▶ [Problem requirements] Please repeat the lines below, exactly and only, from the one that holds "(rw (arrives, ==-refl" through the one that holds "tally_failed answers true c = omega arith".

◆ ◆ ◆ ◆

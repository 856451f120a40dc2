-- ===== src/Events/Outbox/Relay.antt =====
-- Once published, an event is not published again, and what a relay does to the table.
use mathlib.Core.List.{Memᴰ}
use why_combinator.Prelude.{
  ℕ, ◌+◌, ◌*◌, ◌≡◌, refl, subst, ◌∙◌, ap, inl, inr, String, Bool, true, false, ◌&&◌, ◌||◌, Option,
  none, some, List, [], ◌∷◌, ◌++◌, map, arith, length, if◌then◌else◌, ◌==◌, nat_has_eq, text_has_eq,
  max_of, count, count-append, any, Option-cases, ==→eq, ==-refl,
}
use why_combinator.Prelude.Sort.{sort, sort-perm}
use why_combinator.Prelude.Members.{Memᴰ-perm, Memᴰ-take, any-Memᴰ}
use why_combinator.Platform.Sql.{Engine}
use why_combinator.Platform.Redis.{set_nx}
use why_combinator.Db.Models.{Uuid, Instant}
use why_combinator.Db.Tables.{replace, change_all, change_all_among, IsKeyed, Memᴰ-select}
use why_combinator.Events.Outbox.{
  OutboxEvent, outbox_key, published, DedupRedis, is_pending, older, pending_events, Bus, Call,
  answers, raises, publish_outbox_once, mark, Counters, tally, bus_after, relay_all,
  relay_outbox_events,
}

abbrev pub is_event : Uuid → OutboxEvent → Bool
is_event i e = e.id == i

-- The key under which the server remembers the event.
abbrev pub is_known : (redis : DedupRedis) → redis.State → Uuid → Bool
is_known redis s i = elim (redis.get s (published i)) [ none ↦ false | some _ ↦ true ]

module _ (redis : DedupRedis) where
  -- Each event has been published once if the server remembers it, and never if it does not: so it is
  -- as long as no key of a published event has expired.
  abbrev pub IsOnce : Bus redis → Type 0
  IsOnce bus =
      (i : Uuid) → count (is_event i) bus.log ≡ (if is_known redis bus.state i then 1 else 0)

  abbrev publish : ℕ → Bus redis → OutboxEvent → Bool × Bus redis
  publish = publish_outbox_once redis

  publish_new :
      (ttl : ℕ) (bus : Bus redis) (e : OutboxEvent)
      → redis.get bus.state (published e.id) ≡ none
      → publish ttl bus e ≡ (
        true,
        record {
          state =
              redis.pexpire
                (redis.set bus.state (published e.id) "1")
                (published e.id)
                (max_of 1 (ttl * 1000));
          log = bus.log ++ e ∷ [];
        },
      )
  unfolding publish_outbox_once set_nx
  publish_new ttl bus e h = rw (h, set_nx) refl

  publish_known :
      (ttl : ℕ) (bus : Bus redis) (e : OutboxEvent) (v : String)
      → redis.get bus.state (published e.id) ≡ some v
      → publish ttl bus e ≡ (false, bus)
  unfolding publish_outbox_once set_nx
  publish_known ttl bus e v h = rw (h, set_nx) refl

  known_after :
      (ttl : ℕ) (bus : Bus redis) (e : OutboxEvent) (i : Uuid)
      → redis.get
          (redis.pexpire
            (redis.set bus.state (published e.id) "1")
            (published e.id)
            (max_of 1 (ttl * 1000)))
          (published i)
        ≡ (if e.id == i then some "1" else redis.get bus.state (published i))
  known_after ttl bus e i =
      redis.get-pexpire (redis.set bus.state (published e.id) "1") (published e.id)
        (max_of 1 (ttl * 1000)) (published i) (ground arith)
      ∙ redis.get-set bus.state (published e.id) "1" (published i)

  publish-IsOnce :
      (ttl : ℕ) (bus : Bus redis) (e : OutboxEvent) → IsOnce bus → IsOnce (publish ttl bus e).1
  publish-IsOnce ttl bus e once i = elim (Option-cases (redis.get bus.state (published e.id))) [
    | inl new ↦
        let same : (e.id == i) ≡ true → redis.get bus.state (published i) ≡ none =
          λ t. subst (λ x. redis.get bus.state (published x) ≡ none) (==→eq e.id i t) new in
        rw (publish_new ttl bus e new) (
          count-append (is_event i) bus.log (e ∷ [])
          ∙ ground (arith, once i, known_after ttl bus e i, same))
    | inr (v, known) ↦ rw (publish_known ttl bus e v known) (once i)
  ]

  -- Publishing makes the server remember the event, and forget none.
  publish-is_known :
      (ttl : ℕ) (bus : Bus redis) (e : OutboxEvent) (i : Uuid)
      → is_known redis (publish ttl bus e).1.state i ≡ ((e.id == i) || is_known redis bus.state i)
  publish-is_known ttl bus e i = elim (Option-cases (redis.get bus.state (published e.id))) [
    | inl new ↦ rw (publish_new ttl bus e new) (ground (arith, known_after ttl bus e i))
    | inr (v, known) ↦
        let same : (e.id == i) ≡ true → redis.get bus.state (published i) ≡ some v =
          λ t. subst (λ x. redis.get bus.state (published x) ≡ some v) (==→eq e.id i t) known in
        rw (publish_known ttl bus e v known) (ground (arith, same))
  ]

  bus_after-IsOnce :
      (call : Call) (bus bus' : Bus redis)
      → IsOnce bus
      → IsOnce bus'
      → IsOnce (bus_after redis call bus bus')
  bus_after-IsOnce answers bus bus' h h' = h'
  bus_after-IsOnce (raises true error) bus bus' h h' = h'
  bus_after-IsOnce (raises false error) bus bus' h h' = h

  relay_all-IsOnce :
      (ttl : ℕ) (call : OutboxEvent → Call) (now : Instant) (es : List OutboxEvent)
      (c : Counters redis) (bus : Bus redis) (table : List OutboxEvent)
      → IsOnce bus
      → IsOnce (relay_all redis ttl call now es c bus table).1
  unfolding relay_all
  relay_all-IsOnce ttl call now [] c bus table once = once
  relay_all-IsOnce ttl call now (e ∷ es) c bus table once =
      let (emitted, bus') = publish ttl bus e in
      relay_all-IsOnce ttl call now es (tally redis (call e) emitted c)
        (bus_after redis (call e) bus bus') (replace outbox_key (mark redis (call e) now e) table)
        (bus_after-IsOnce (call e) bus bus' once (publish-IsOnce ttl bus e once))

  -- The call for the event reached the server.
  abbrev pub reached : Call → Bool
  reached answers = true
  reached (raises executed error) = executed

  bus_after-is_known :
      (ttl : ℕ) (call : Call) (bus : Bus redis) (e : OutboxEvent) (i : Uuid)
      → is_known redis (bus_after redis call bus (publish ttl bus e).1).state i
        ≡ ((reached call && (e.id == i)) || is_known redis bus.state i)
  bus_after-is_known ttl answers bus e i = publish-is_known ttl bus e i
  bus_after-is_known ttl (raises true error) bus e i = publish-is_known ttl bus e i
  bus_after-is_known ttl (raises false error) bus e i = refl

  relay_all-is_known :
      (ttl : ℕ) (call : OutboxEvent → Call) (now : Instant) (es : List OutboxEvent)
      (c : Counters redis) (bus : Bus redis) (table : List OutboxEvent) (i : Uuid)
      → is_known redis (relay_all redis ttl call now es c bus table).1.state i
        ≡ (any (λ e. reached (call e) && is_event i e) es || is_known redis bus.state i)
  unfolding relay_all
  relay_all-is_known ttl call now [] c bus table i = refl
  relay_all-is_known ttl call now (e ∷ es) c bus table i =
      let (emitted, bus') = publish ttl bus e in
      relay_all-is_known ttl call now es (tally redis (call e) emitted c)
        (bus_after redis (call e) bus bus') (replace outbox_key (mark redis (call e) now e) table) i
      ∙ ground (arith, bus_after-is_known ttl (call e) bus e i)

  mark-id : (call : Call) (now : Instant) (e : OutboxEvent) → (mark redis call now e).id ≡ e.id
  mark-id answers now e = refl
  mark-id (raises executed error) now e = refl

  relay_all_table :
      (ttl : ℕ) (call : OutboxEvent → Call) (now : Instant) (es : List OutboxEvent)
      (c : Counters redis) (bus : Bus redis) (table : List OutboxEvent)
      → (relay_all redis ttl call now es c bus table).2
        ≡ change_all outbox_key (λ e. mark redis (call e) now e) es table
  unfolding relay_all change_all
  relay_all_table ttl call now [] c bus table = refl
  relay_all_table ttl call now (e ∷ es) c bus table =
      let (emitted, bus') = publish ttl bus e in
      relay_all_table ttl call now es (tally redis (call e) emitted c)
        (bus_after redis (call e) bus bus') (replace outbox_key (mark redis (call e) now e) table)

  -- If every event has been published exactly once where the server remembers it, and never where it does
  -- not, then the same is true after a relay, whatever it is given and however its calls go. The hypothesis
  -- excludes an event that has been published and whose key has expired since.
  pub relay-IsOnce :
      (db : Engine) (ttl : ℕ) (call : OutboxEvent → Call) (batch : ℕ) (now : Instant)
      (bus : Bus redis) (table : List OutboxEvent)
      → IsOnce bus
      → IsOnce (relay_outbox_events redis db ttl call batch now bus table).1
  unfolding relay_outbox_events
  relay-IsOnce db ttl call batch now bus table once =
      relay_all-IsOnce ttl call now (pending_events db batch table) _ bus table once

  -- If every event has been published exactly once where the server remembers it, and never where it does
  -- not (so no key of a published event has expired), then an event of the batch whose call reaches the
  -- server, be it that its answer is lost, has been published exactly once afterwards.
  pub relay_delivers :
      (db : Engine) (ttl : ℕ) (call : OutboxEvent → Call) (batch : ℕ) (now : Instant)
      (bus : Bus redis) (table : List OutboxEvent) (e : OutboxEvent)
      → IsOnce bus
      → Memᴰ e (pending_events db batch table)
      → reached (call e) ≡ true
      → count (is_event e.id) (relay_outbox_events redis db ttl call batch now bus table).1.log ≡ 1
  unfolding relay_outbox_events
  relay_delivers db ttl call batch now bus table e once m arrives =
      let events = pending_events db batch table in
      let found : any (λ x. reached (call x) && is_event e.id x) events ≡ true =
        any-Memᴰ (λ x. reached (call x) && is_event e.id x) events m
          (rw (arrives, ==-refl e.id) refl) in
      relay_all-IsOnce ttl call now events _ bus table once e.id
      ∙ ap (λ b. if b then 1 else 0)
          (relay_all-is_known ttl call now events _ bus table e.id
            ∙ ap (λ b. b || is_known redis bus.state e.id) found)

  abbrev total : Counters redis → ℕ
  total c = c.published + c.deduplicated + c.failed

  abbrev pub is_failure : Call → Bool
  is_failure answers = false
  is_failure (raises executed error) = true

  tally_total :
      (call : Call) (b : Bool) (c : Counters redis) → total (tally redis call b c) ≡ total c + 1
  tally_total answers true c = omega arith
  tally_total answers false c = omega arith
  tally_total (raises executed error) b c = omega arith

  tally_failed :
      (call : Call) (b : Bool) (c : Counters redis)
      → (tally redis call b c).failed ≡ c.failed + (if is_failure call then 1 else 0)
  tally_failed answers true c = omega arith
  tally_failed answers false c = omega arith
  tally_failed (raises executed error) b c = omega arith

  relay_all_counts :
      (ttl : ℕ) (call : OutboxEvent → Call) (now : Instant) (es : List OutboxEvent)
      (c : Counters redis) (bus : Bus redis) (table : List OutboxEvent)
      → let c' = (relay_all redis ttl call now es c bus table).0 in
        (total c' ≡ total c + length es)
        × (c'.failed ≡ c.failed + count (λ e. is_failure (call e)) es)
  unfolding relay_all
  relay_all_counts ttl call now [] c bus table = (omega arith, omega arith)
  relay_all_counts ttl call now (e ∷ es) c bus table =
      let (emitted, bus') = publish ttl bus e in
      let c' = tally redis (call e) emitted c in
      let (all, bad) =
        relay_all_counts ttl call now es c' (bus_after redis (call e) bus bus')
          (replace outbox_key (mark redis (call e) now e) table) in
      (
        omega (arith, all, tally_total (call e) emitted c),
        omega (arith, bad, tally_failed (call e) emitted c),
      )

  -- The error that a call leaves, if any.
  abbrev pub error_of : Call → Option String
  error_of answers = none
  error_of (raises executed error) = some error

  -- The row of an event after its call, written out.
  abbrev pub relayed_row : Call → Instant → OutboxEvent → OutboxEvent
  relayed_row call now e = record {
    id = e.id;
    stream_name = e.stream_name;
    event_type = e.event_type;
    event_key = e.event_key;
    payload = e.payload;
    created_at = e.created_at;
    published_at = if is_failure call then e.published_at else some now;
    publish_attempts = e.publish_attempts + 1;
    last_error = error_of call;
  }

  mark_lem :
      (call : Call) (now : Instant) (e : OutboxEvent)
      → mark redis call now e ≡ relayed_row call now e
  mark_lem answers now e = refl
  mark_lem (raises executed error) now e = refl

  change_row :
      (call : OutboxEvent → Call) (now : Instant) (b : OutboxEvent → Bool)
      (table : List OutboxEvent)
      → map (λ e. if b e then mark redis (call e) now e else e) table
        ≡ map (λ e. if b e then relayed_row (call e) now e else e) table
  change_row call now b [] = refl
  change_row call now b (e ∷ es) = rw (mark_lem (call e) now e, change_row call now b es) refl

  pending-Memᴰ :
      (db : Engine) (batch : ℕ) (table : List OutboxEvent) (e : OutboxEvent)
      → Memᴰ e (pending_events db batch table)
      → Memᴰ e table
  unfolding pending_events
  pending-Memᴰ db batch table e m =
      let rows = db.select OutboxEvent is_pending table in
      let inside =
        Memᴰ-perm (sort-perm older rows) (Memᴰ-take (max_of 1 batch) (sort older rows) m) in
      (Memᴰ-select db is_pending table inside).0

  -- Where the id is the key of the table, a relay changes exactly the events of its batch: one whose call
  -- is answered is published now and has no error, one whose call raises keeps its publication time and has
  -- the error, each has one attempt more, and the other columns stay. The counts that it returns add up to the size of the
  -- batch, and those that failed are the ones whose call raises.
  pub relay_marks :
      (db : Engine) (ttl : ℕ) (call : OutboxEvent → Call) (batch : ℕ) (now : Instant)
      (bus : Bus redis) (table : List OutboxEvent)
      → IsKeyed outbox_key table
      → let events = pending_events db batch table in
        let (result, _, table') = relay_outbox_events redis db ttl call batch now bus table in
        (table'
          ≡ map
              (λ e. if any (λ x. x.id == e.id) events then relayed_row (call e) now e else e)
              table)
        × (result.processed ≡ length events)
        × (result.published + result.deduplicated + result.failed ≡ result.processed)
        × (result.failed ≡ count (λ e. is_failure (call e)) events)
  unfolding relay_outbox_events
  relay_marks db ttl call batch now bus table keyed =
      let events = pending_events db batch table in
      let (all, bad) =
        relay_all_counts ttl call now events
          (record { published = 0; deduplicated = 0; failed = 0 }) bus table in
      (
        relay_all_table ttl call now events _ bus table
            ∙ change_all_among outbox_key (λ e. mark redis (call e) now e)
                (λ e. mark-id (call e) now e) events table keyed
                (λ e m. pending-Memᴰ db batch table e m)
            ∙ change_row call now (λ e. any (λ x. x.id == e.id) events) table,
        refl,
        omega (arith, all),
        omega (arith, bad),
      )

◆ ◆ ◆ ◆

▶ [Written response]
          (rw (arrives, ==-refl e.id) refl) in
      relay_all-IsOnce ttl call now events _ bus table once e.id
      ∙ ap (λ b. if b then 1 else 0)
          (relay_all-is_known ttl call now events _ bus table e.id
            ∙ ap (λ b. b || is_known redis bus.state e.id) found)

  abbrev total : Counters redis → ℕ
  total c = c.published + c.deduplicated + c.failed

  abbrev pub is_failure : Call → Bool
  is_failure answers = false
  is_failure (raises executed error) = true

  tally_total :
      (call : Call) (b : Bool) (c : Counters redis) → total (tally redis call b c) ≡ total c + 1
  tally_total answers true c = omega arith
  tally_total answers false c = omega arith
  tally_total (raises executed error) b c = omega arith

  tally_failed :
      (call : Call) (b : Bool) (c : Counters redis)
      → (tally redis call b c).failed ≡ c.failed + (if is_failure call then 1 else 0)
  tally_failed answers true c = omega arith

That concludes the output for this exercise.